§ **WHAT YOU WILL DO**
When the string "strip" is part of a line in the data below, report the whole line.

§ **DATA**
= = = = = = =
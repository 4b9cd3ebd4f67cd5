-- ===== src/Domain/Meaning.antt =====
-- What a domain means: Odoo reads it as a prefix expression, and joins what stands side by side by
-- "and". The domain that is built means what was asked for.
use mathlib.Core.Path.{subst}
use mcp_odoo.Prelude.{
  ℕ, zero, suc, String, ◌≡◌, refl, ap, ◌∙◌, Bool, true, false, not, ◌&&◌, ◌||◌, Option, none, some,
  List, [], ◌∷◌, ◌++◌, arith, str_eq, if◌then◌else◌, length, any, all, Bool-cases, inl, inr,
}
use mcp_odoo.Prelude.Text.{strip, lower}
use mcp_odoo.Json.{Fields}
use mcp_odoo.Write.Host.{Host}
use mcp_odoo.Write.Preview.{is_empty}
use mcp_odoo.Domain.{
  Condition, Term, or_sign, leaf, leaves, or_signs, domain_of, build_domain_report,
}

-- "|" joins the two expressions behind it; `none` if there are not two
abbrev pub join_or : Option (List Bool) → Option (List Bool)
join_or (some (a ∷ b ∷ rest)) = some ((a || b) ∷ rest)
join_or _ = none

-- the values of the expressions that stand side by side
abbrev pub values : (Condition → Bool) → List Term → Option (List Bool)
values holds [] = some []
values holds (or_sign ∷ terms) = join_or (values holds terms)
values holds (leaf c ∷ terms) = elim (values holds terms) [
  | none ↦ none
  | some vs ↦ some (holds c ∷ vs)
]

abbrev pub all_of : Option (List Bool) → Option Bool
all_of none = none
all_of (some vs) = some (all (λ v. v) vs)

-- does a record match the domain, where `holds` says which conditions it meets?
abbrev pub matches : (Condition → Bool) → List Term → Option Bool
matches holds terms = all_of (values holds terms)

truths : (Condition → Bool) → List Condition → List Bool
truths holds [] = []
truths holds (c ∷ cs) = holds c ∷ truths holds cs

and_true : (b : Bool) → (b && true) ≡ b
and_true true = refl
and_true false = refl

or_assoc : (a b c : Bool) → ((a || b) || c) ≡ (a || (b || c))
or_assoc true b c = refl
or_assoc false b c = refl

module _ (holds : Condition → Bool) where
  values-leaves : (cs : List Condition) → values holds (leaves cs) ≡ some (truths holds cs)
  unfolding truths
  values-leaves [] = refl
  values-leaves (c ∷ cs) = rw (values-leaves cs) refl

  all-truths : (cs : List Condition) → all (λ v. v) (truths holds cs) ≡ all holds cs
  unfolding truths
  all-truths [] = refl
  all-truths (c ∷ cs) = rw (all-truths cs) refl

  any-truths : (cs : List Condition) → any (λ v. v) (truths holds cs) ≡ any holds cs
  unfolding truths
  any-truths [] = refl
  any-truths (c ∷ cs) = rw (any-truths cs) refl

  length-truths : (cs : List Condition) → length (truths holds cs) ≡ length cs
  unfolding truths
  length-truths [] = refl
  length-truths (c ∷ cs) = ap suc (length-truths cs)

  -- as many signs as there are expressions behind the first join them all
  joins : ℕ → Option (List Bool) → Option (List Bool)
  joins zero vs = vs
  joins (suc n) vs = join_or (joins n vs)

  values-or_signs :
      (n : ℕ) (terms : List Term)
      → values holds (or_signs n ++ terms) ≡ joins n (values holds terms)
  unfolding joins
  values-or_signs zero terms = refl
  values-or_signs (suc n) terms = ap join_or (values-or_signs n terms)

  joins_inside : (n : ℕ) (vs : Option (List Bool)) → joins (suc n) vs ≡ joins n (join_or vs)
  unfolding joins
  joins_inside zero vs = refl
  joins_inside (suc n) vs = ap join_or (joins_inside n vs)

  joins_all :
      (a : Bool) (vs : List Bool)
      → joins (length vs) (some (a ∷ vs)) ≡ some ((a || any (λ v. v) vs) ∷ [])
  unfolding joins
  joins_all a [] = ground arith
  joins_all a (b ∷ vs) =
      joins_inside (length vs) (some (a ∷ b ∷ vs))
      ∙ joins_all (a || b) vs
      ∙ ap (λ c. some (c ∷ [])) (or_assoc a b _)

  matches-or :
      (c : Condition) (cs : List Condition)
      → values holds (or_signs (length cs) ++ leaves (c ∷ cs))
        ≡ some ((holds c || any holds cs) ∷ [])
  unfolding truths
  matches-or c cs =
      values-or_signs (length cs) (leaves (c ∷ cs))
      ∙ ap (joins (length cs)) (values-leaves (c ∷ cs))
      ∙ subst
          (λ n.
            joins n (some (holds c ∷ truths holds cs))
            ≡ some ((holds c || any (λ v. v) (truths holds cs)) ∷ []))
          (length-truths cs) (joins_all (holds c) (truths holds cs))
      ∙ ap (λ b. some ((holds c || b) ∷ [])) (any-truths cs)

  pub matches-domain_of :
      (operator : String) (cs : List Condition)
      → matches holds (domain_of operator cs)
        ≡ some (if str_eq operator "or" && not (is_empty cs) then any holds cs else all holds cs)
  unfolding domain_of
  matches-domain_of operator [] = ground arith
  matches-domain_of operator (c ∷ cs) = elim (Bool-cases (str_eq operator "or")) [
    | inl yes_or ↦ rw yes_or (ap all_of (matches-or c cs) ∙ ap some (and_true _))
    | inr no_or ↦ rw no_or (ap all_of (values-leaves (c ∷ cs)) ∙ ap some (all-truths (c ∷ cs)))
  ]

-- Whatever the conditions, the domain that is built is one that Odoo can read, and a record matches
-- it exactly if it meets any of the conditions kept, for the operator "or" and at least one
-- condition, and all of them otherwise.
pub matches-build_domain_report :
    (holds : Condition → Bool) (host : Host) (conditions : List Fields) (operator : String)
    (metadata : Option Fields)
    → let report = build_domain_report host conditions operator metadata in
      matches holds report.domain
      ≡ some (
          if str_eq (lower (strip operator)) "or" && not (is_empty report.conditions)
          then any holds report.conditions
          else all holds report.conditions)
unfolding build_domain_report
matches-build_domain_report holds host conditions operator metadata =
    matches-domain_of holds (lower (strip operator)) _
= = = = = = =
§ **SOLUTION**
use mcp_odoo.Prelude.Text.{strip, lower}
          if str_eq (lower (strip operator)) "or" && not (is_empty report.conditions)
    matches-domain_of holds (lower (strip operator)) _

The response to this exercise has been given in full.